Down to the final line, write out the data below exactly.

------------------------------------------------

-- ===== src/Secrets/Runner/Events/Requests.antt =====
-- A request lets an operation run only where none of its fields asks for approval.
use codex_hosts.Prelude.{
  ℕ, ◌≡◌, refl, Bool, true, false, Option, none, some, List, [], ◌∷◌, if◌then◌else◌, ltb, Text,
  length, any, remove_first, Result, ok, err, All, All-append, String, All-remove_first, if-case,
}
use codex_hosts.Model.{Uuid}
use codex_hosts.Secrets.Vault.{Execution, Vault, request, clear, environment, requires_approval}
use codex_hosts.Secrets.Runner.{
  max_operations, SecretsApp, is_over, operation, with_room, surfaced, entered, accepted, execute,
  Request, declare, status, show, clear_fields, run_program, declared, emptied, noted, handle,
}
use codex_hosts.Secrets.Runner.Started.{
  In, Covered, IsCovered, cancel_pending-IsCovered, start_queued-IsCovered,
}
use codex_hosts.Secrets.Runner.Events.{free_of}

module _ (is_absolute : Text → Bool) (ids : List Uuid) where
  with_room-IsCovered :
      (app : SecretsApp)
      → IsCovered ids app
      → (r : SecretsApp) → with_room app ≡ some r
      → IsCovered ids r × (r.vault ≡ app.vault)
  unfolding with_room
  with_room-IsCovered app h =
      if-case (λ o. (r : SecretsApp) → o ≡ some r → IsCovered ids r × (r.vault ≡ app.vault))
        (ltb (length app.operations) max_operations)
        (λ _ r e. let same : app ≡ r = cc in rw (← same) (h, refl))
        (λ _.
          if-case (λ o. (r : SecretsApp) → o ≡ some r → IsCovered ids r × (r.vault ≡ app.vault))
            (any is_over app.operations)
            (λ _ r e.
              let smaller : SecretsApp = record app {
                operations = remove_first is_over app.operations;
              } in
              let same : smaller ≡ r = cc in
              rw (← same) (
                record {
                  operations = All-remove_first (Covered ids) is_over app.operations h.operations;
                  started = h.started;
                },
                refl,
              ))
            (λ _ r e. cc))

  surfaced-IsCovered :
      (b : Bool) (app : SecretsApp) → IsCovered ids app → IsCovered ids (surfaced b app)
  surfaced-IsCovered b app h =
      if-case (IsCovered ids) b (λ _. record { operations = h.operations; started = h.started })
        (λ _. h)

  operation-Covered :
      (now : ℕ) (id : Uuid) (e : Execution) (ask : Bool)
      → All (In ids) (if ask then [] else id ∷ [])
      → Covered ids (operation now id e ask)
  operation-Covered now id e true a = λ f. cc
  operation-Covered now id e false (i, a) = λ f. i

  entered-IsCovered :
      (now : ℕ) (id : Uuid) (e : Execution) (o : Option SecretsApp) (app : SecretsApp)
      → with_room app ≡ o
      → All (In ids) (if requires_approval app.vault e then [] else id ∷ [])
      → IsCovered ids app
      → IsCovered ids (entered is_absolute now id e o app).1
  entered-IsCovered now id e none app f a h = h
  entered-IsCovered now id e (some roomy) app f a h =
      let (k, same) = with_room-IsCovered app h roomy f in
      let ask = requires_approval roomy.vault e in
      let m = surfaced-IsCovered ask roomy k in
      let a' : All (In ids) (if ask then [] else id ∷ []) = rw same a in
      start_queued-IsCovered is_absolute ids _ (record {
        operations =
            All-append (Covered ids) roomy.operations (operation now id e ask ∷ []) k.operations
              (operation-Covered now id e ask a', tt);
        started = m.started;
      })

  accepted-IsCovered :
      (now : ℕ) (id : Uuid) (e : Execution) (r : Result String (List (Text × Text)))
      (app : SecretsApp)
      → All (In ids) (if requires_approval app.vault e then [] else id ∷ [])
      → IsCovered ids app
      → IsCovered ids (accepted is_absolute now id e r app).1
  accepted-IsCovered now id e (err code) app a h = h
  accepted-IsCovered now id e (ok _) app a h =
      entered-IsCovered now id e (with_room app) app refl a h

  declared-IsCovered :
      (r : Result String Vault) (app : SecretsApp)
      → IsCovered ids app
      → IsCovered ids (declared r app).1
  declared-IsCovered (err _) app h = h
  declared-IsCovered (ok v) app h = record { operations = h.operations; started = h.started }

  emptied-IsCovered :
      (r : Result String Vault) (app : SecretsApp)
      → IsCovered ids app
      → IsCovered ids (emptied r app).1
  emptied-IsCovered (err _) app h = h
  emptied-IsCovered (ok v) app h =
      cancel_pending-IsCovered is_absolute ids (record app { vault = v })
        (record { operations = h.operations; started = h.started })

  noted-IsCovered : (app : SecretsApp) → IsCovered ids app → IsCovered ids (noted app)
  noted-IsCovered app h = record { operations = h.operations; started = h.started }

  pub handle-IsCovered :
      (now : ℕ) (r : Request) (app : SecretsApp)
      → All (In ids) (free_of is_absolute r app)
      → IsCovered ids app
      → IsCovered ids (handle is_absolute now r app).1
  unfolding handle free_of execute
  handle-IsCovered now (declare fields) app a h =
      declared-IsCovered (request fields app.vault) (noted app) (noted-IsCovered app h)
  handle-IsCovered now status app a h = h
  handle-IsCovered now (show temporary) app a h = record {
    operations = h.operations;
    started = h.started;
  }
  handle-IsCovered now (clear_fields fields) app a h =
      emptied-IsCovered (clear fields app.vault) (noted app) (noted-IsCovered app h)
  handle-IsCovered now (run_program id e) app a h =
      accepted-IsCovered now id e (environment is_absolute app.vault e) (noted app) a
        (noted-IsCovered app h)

------------------------------------------------

:: Response below ::
-- ===== src/Secrets/Runner/Events/Requests.antt =====
-- A request lets an operation run only where none of its fields asks for approval.
use codex_hosts.Prelude.{
  ℕ, ◌≡◌, refl, Bool, true, false, Option, none, some, List, [], ◌∷◌, if◌then◌else◌, ltb, Text,
  length, any, remove_first, Result, ok, err, All, All-append, String, All-remove_first, if-case,
}
use codex_hosts.Model.{Uuid}
use codex_hosts.Secrets.Vault.{Execution, Vault, request, clear, environment, requires_approval}
use codex_hosts.Secrets.Runner.{
  max_operations, SecretsApp, is_over, operation, with_room, surfaced, entered, accepted, execute,
  Request, declare, status, show, clear_fields, run_program, declared, emptied, noted, handle,
}
use codex_hosts.Secrets.Runner.Started.{
  In, Covered, IsCovered, cancel_pending-IsCovered, start_queued-IsCovered,
}
use codex_hosts.Secrets.Runner.Events.{free_of}

module _ (is_absolute : Text → Bool) (ids : List Uuid) where
  with_room-IsCovered :
      (app : SecretsApp)
      → IsCovered ids app
      → (r : SecretsApp) → with_room app ≡ some r
      → IsCovered ids r × (r.vault ≡ app.vault)
  unfolding with_room
  with_room-IsCovered app h =
      if-case (λ o. (r : SecretsApp) → o ≡ some r → IsCovered ids r × (r.vault ≡ app.vault))
        (ltb (length app.operations) max_operations)
        (λ _ r e. let same : app ≡ r = cc in rw (← same) (h, refl))
        (λ _.
          if-case (λ o. (r : SecretsApp) → o ≡ some r → IsCovered ids r × (r.vault ≡ app.vault))
            (any is_over app.operations)
            (λ _ r e.
              let smaller : SecretsApp = record app {
                operations = remove_first is_over app.operations;
              } in
              let same : smaller ≡ r = cc in
              rw (← same) (
                record {
                  operations = All-remove_first (Covered ids) is_over app.operations h.operations;
                  started = h.started;
                },
                refl,
              ))
            (λ _ r e. cc))

  surfaced-IsCovered :
      (b : Bool) (app : SecretsApp) → IsCovered ids app → IsCovered ids (surfaced b app)
  surfaced-IsCovered b app h =
      if-case (IsCovered ids) b (λ _. record { operations = h.operations; started = h.started })
        (λ _. h)

  operation-Covered :
      (now : ℕ) (id : Uuid) (e : Execution) (ask : Bool)
      → All (In ids) (if ask then [] else id ∷ [])
      → Covered ids (operation now id e ask)
  operation-Covered now id e true a = λ f. cc
  operation-Covered now id e false (i, a) = λ f. i

  entered-IsCovered :
      (now : ℕ) (id : Uuid) (e : Execution) (o : Option SecretsApp) (app : SecretsApp)
      → with_room app ≡ o
      → All (In ids) (if requires_approval app.vault e then [] else id ∷ [])
      → IsCovered ids app
      → IsCovered ids (entered is_absolute now id e o app).1
  entered-IsCovered now id e none app f a h = h
  entered-IsCovered now id e (some roomy) app f a h =
      let (k, same) = with_room-IsCovered app h roomy f in
      let ask = requires_approval roomy.vault e in
      let m = surfaced-IsCovered ask roomy k in
      let a' : All (In ids) (if ask then [] else id ∷ []) = rw same a in
      start_queued-IsCovered is_absolute ids _ (record {
        operations =
            All-append (Covered ids) roomy.operations (operation now id e ask ∷ []) k.operations
              (operation-Covered now id e ask a', tt);
        started = m.started;
      })

  accepted-IsCovered :
      (now : ℕ) (id : Uuid) (e : Execution) (r : Result String (List (Text × Text)))
      (app : SecretsApp)
      → All (In ids) (if requires_approval app.vault e then [] else id ∷ [])
      → IsCovered ids app
      → IsCovered ids (accepted is_absolute now id e r app).1
  accepted-IsCovered now id e (err code) app a h = h
  accepted-IsCovered now id e (ok _) app a h =
      entered-IsCovered now id e (with_room app) app refl a h

  declared-IsCovered :
      (r : Result String Vault) (app : SecretsApp)
      → IsCovered ids app
      → IsCovered ids (declared r app).1
  declared-IsCovered (err _) app h = h
  declared-IsCovered (ok v) app h = record { operations = h.operations; started = h.started }

  emptied-IsCovered :
      (r : Result String Vault) (app : SecretsApp)
      → IsCovered ids app
      → IsCovered ids (emptied r app).1
  emptied-IsCovered (err _) app h = h
  emptied-IsCovered (ok v) app h =
      cancel_pending-IsCovered is_absolute ids (record app { vault = v })
        (record { operations = h.operations; started = h.started })

  noted-IsCovered : (app : SecretsApp) → IsCovered ids app → IsCovered ids (noted app)
  noted-IsCovered app h = record { operations = h.operations; started = h.started }

  pub handle-IsCovered :
      (now : ℕ) (r : Request) (app : SecretsApp)
      → All (In ids) (free_of is_absolute r app)
      → IsCovered ids app
      → IsCovered ids (handle is_absolute now r app).1
  unfolding handle free_of execute
  handle-IsCovered now (declare fields) app a h =
      declared-IsCovered (request fields app.vault) (noted app) (noted-IsCovered app h)
  handle-IsCovered now status app a h = h
  handle-IsCovered now (show temporary) app a h = record {
    operations = h.operations;
    started = h.started;
  }
  handle-IsCovered now (clear_fields fields) app a h =
      emptied-IsCovered (clear fields app.vault) (noted app) (noted-IsCovered app h)
  handle-IsCovered now (run_program id e) app a h =
      accepted-IsCovered now id e (environment is_absolute app.vault e) (noted app) a
        (noted-IsCovered app h)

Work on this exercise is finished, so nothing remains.